= Beginning of Section =
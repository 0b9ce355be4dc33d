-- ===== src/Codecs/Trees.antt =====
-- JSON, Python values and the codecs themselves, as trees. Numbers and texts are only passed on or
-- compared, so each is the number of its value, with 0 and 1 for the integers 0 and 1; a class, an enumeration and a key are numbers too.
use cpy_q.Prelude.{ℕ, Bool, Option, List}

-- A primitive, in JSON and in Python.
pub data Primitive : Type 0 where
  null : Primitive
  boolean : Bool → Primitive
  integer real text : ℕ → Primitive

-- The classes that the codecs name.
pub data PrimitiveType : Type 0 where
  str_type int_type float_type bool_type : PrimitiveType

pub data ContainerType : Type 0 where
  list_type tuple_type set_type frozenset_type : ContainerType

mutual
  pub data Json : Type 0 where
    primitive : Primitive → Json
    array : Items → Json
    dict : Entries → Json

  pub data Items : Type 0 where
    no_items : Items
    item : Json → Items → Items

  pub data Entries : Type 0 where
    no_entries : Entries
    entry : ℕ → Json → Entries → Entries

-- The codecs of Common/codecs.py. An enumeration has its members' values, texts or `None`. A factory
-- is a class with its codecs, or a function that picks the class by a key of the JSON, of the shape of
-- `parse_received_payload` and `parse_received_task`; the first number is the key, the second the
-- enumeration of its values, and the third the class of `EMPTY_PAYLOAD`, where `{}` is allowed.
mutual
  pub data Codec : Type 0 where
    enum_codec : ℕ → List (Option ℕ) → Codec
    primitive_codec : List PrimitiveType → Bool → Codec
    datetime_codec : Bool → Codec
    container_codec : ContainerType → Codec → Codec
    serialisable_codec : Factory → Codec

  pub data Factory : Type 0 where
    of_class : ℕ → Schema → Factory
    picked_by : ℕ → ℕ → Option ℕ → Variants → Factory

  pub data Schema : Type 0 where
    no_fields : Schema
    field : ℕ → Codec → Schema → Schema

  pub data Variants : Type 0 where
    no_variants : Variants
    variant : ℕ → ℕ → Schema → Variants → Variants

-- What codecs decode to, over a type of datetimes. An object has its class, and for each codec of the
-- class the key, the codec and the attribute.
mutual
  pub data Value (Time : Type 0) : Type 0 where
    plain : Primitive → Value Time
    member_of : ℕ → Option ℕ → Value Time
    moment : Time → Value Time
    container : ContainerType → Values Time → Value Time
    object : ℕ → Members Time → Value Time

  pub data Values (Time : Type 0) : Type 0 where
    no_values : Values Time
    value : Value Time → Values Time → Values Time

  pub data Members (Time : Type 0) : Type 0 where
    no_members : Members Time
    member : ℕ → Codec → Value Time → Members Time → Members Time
= End of Section =
= Beginning of Section =
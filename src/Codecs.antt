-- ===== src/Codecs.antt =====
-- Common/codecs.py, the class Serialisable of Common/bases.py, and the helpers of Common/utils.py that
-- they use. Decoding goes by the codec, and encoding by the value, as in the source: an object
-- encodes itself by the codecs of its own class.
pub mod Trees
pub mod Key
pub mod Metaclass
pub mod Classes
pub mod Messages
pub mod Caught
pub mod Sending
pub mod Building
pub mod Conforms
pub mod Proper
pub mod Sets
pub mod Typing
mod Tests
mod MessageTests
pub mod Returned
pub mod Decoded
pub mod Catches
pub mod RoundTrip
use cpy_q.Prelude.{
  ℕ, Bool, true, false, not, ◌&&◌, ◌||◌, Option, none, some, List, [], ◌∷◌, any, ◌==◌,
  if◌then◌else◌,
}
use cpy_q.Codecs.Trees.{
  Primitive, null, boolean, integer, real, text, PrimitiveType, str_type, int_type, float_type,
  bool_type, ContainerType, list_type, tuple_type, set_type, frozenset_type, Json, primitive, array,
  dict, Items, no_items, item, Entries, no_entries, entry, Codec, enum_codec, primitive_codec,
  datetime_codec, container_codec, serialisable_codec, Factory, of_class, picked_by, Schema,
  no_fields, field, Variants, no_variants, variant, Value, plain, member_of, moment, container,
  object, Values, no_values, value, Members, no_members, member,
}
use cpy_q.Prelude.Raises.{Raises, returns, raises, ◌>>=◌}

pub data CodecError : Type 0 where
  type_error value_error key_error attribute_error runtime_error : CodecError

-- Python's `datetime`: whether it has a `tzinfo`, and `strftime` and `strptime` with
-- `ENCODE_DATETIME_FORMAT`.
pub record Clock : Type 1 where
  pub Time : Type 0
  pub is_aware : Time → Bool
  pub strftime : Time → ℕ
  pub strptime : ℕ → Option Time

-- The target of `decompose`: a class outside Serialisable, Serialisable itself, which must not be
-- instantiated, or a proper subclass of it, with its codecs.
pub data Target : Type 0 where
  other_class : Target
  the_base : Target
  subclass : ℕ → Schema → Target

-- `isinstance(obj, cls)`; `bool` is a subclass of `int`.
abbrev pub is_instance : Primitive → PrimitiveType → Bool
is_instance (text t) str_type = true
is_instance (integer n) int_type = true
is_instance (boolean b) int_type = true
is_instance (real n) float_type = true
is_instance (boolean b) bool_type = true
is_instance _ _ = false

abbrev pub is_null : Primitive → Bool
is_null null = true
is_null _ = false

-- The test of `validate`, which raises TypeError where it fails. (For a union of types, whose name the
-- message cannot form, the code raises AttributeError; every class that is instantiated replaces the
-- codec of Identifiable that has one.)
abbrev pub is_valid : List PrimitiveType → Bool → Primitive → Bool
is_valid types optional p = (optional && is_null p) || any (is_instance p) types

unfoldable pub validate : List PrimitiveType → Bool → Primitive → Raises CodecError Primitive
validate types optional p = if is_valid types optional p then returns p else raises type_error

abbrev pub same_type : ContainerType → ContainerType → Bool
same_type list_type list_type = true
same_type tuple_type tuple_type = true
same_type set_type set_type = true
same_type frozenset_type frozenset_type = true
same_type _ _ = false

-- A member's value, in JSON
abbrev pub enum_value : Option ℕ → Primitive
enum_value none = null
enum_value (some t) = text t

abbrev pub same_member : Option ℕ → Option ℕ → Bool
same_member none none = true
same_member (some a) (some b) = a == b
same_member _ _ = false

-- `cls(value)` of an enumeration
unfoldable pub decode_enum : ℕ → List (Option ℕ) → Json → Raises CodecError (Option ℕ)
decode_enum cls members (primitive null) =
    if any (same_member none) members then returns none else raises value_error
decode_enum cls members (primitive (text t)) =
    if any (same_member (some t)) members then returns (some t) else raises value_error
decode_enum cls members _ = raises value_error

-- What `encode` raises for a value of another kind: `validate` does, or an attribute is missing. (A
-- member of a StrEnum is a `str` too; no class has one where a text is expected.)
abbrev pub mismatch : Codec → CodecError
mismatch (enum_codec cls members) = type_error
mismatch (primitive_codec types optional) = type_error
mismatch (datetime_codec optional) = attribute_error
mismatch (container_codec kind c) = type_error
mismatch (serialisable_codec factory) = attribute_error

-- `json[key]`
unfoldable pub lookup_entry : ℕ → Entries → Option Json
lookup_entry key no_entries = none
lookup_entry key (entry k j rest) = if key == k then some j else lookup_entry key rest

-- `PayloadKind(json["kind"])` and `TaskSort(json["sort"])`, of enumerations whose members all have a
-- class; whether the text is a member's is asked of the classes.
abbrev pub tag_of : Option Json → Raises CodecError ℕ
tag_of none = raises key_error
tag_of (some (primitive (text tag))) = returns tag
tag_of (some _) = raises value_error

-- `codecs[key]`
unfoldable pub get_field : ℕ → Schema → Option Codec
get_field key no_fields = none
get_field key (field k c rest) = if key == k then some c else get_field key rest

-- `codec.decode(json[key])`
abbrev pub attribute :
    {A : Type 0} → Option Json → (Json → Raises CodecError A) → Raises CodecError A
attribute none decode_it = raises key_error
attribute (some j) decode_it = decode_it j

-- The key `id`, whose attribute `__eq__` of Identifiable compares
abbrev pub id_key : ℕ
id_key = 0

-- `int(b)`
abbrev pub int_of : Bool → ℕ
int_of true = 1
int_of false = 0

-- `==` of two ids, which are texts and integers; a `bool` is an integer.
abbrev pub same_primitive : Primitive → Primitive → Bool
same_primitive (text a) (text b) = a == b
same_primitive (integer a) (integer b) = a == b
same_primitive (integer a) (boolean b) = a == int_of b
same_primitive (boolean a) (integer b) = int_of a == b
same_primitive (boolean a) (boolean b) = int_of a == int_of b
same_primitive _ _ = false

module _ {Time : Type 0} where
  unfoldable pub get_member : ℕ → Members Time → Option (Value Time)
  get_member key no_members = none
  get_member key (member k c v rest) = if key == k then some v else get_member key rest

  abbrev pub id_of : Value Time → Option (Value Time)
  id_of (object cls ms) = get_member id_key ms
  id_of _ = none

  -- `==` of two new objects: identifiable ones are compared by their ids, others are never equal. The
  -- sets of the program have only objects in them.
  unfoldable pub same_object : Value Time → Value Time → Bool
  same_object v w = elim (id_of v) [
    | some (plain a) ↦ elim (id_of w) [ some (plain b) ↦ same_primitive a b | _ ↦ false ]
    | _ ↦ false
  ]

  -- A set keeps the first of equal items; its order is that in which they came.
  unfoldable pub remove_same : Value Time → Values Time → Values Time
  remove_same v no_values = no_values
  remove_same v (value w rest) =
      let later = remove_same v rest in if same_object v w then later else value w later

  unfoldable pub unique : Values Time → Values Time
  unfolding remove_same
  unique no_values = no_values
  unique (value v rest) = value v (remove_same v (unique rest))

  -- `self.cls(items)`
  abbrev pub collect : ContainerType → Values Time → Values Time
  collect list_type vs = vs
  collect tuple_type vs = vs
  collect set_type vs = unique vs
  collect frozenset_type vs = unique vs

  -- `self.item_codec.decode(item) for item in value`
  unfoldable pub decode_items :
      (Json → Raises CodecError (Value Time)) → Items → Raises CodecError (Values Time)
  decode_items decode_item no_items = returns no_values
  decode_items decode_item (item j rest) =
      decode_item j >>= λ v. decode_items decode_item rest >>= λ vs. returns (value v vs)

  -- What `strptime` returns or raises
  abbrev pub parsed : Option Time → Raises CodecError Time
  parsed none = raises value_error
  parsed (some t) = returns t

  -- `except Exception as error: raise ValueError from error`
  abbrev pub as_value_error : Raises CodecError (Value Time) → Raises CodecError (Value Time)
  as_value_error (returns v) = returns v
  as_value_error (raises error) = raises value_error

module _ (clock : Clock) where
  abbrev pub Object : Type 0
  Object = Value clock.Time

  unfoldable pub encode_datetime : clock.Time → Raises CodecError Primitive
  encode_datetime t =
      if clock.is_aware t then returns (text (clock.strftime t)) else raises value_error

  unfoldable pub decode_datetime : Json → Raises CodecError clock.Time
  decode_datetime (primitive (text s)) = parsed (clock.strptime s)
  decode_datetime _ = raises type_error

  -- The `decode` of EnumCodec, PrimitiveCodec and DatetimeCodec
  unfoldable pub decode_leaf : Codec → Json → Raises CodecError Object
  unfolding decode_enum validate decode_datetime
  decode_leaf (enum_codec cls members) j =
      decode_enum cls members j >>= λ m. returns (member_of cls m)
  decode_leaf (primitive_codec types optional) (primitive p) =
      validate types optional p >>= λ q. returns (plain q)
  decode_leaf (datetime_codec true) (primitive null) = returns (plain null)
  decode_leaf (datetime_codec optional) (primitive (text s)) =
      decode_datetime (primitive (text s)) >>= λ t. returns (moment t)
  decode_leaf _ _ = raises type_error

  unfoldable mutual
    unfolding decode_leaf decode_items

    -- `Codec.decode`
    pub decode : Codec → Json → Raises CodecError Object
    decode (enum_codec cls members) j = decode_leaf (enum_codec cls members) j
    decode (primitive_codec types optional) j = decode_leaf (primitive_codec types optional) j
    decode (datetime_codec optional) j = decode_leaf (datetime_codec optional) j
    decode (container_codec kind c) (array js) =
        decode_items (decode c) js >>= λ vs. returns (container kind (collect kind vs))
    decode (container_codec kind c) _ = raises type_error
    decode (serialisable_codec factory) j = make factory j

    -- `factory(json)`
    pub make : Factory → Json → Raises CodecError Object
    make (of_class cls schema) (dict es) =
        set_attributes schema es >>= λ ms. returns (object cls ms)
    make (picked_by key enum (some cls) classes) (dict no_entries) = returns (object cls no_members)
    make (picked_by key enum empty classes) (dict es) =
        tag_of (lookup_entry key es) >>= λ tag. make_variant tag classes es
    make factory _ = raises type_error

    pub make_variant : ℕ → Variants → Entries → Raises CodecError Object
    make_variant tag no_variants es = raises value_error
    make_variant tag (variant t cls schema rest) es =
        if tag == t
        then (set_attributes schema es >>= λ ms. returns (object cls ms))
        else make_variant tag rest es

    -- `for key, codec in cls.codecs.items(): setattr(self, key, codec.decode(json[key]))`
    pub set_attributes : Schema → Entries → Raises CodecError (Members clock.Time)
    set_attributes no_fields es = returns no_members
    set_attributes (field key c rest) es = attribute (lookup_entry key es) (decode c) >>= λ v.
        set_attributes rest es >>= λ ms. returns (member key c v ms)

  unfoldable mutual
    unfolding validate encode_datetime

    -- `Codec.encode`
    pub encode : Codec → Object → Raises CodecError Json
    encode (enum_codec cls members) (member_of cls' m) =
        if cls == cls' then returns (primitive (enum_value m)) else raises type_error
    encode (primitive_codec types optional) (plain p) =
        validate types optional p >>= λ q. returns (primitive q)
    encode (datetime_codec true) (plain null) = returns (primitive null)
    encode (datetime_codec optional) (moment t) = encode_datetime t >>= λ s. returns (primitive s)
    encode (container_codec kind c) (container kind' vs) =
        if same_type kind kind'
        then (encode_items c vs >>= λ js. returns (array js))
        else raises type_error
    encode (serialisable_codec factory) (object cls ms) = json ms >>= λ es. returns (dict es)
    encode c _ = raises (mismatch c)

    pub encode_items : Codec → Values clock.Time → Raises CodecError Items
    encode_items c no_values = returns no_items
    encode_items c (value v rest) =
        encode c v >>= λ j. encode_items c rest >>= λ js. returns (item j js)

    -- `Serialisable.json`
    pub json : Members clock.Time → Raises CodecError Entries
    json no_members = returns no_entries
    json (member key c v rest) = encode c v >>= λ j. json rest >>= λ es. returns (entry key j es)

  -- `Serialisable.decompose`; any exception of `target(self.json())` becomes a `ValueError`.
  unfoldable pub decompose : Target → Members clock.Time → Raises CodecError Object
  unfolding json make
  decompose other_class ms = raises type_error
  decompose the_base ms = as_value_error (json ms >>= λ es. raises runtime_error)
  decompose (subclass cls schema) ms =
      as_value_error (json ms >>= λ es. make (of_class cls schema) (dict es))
= End of Section =
= Beginning of Section =
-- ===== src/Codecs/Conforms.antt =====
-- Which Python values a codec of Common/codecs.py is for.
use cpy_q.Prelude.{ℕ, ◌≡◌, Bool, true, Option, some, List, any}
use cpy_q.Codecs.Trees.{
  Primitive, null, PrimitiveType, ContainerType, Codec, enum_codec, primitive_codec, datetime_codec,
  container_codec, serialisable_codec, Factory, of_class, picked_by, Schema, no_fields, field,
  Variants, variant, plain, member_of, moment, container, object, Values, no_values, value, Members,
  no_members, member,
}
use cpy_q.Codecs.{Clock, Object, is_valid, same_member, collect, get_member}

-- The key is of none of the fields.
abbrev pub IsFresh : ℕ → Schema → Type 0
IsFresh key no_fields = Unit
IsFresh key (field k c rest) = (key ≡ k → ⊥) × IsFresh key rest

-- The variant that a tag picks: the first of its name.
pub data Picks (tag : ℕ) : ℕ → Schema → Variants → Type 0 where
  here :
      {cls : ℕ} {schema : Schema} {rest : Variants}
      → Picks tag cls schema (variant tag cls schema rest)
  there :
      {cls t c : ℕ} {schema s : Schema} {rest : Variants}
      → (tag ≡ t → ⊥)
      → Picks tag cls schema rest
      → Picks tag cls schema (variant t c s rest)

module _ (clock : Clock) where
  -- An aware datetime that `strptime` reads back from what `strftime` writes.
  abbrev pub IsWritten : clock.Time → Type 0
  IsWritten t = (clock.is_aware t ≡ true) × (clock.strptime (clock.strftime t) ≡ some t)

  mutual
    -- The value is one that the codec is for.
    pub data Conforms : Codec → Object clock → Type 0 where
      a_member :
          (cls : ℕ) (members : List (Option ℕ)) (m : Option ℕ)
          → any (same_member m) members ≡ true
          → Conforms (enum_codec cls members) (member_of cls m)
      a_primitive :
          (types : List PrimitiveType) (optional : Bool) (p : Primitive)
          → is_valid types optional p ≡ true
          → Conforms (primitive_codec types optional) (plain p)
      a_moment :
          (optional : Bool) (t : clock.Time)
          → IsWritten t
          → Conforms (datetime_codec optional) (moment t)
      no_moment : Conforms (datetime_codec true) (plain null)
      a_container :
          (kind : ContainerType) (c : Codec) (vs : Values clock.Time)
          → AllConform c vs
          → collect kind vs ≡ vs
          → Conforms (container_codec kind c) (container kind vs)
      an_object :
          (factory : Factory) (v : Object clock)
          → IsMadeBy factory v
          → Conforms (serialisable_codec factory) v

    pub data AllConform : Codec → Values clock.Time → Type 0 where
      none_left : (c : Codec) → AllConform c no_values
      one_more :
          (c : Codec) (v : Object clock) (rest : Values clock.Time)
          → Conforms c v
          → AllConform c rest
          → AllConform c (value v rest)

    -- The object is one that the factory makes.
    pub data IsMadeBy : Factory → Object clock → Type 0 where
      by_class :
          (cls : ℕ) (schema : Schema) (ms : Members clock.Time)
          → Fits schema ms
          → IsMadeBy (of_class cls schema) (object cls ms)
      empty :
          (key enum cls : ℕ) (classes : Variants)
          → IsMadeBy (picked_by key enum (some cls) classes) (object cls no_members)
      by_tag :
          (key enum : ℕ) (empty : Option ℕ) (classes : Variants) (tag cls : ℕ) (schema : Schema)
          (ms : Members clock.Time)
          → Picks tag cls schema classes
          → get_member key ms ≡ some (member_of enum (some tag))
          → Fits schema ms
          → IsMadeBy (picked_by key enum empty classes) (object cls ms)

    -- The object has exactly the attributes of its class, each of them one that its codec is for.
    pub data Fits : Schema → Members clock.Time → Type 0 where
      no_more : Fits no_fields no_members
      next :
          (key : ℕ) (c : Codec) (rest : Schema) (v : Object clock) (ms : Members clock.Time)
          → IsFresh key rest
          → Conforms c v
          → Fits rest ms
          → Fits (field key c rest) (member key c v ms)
= End of Section =
**What this task involves:** In the data above, start at the line that has "is_instance (boolean b) bool_type = true", stop after the line that has "enum_value none = null", and print every line in between exactly as it stands.

**Response:**
is_instance (boolean b) bool_type = true
is_instance _ _ = false

abbrev pub is_null : Primitive → Bool
is_null null = true
is_null _ = false

-- The test of `validate`, which raises TypeError where it fails. (For a union of types, whose name the
-- message cannot form, the code raises AttributeError; every class that is instantiated replaces the
-- codec of Identifiable that has one.)
abbrev pub is_valid : List PrimitiveType → Bool → Primitive → Bool
is_valid types optional p = (optional && is_null p) || any (is_instance p) types

unfoldable pub validate : List PrimitiveType → Bool → Primitive → Raises CodecError Primitive
validate types optional p = if is_valid types optional p then returns p else raises type_error

abbrev pub same_type : ContainerType → ContainerType → Bool
same_type list_type list_type = true
same_type tuple_type tuple_type = true
same_type set_type set_type = true
same_type frozenset_type frozenset_type = true
same_type _ _ = false

-- A member's value, in JSON
abbrev pub enum_value : Option ℕ → Primitive
enum_value none = null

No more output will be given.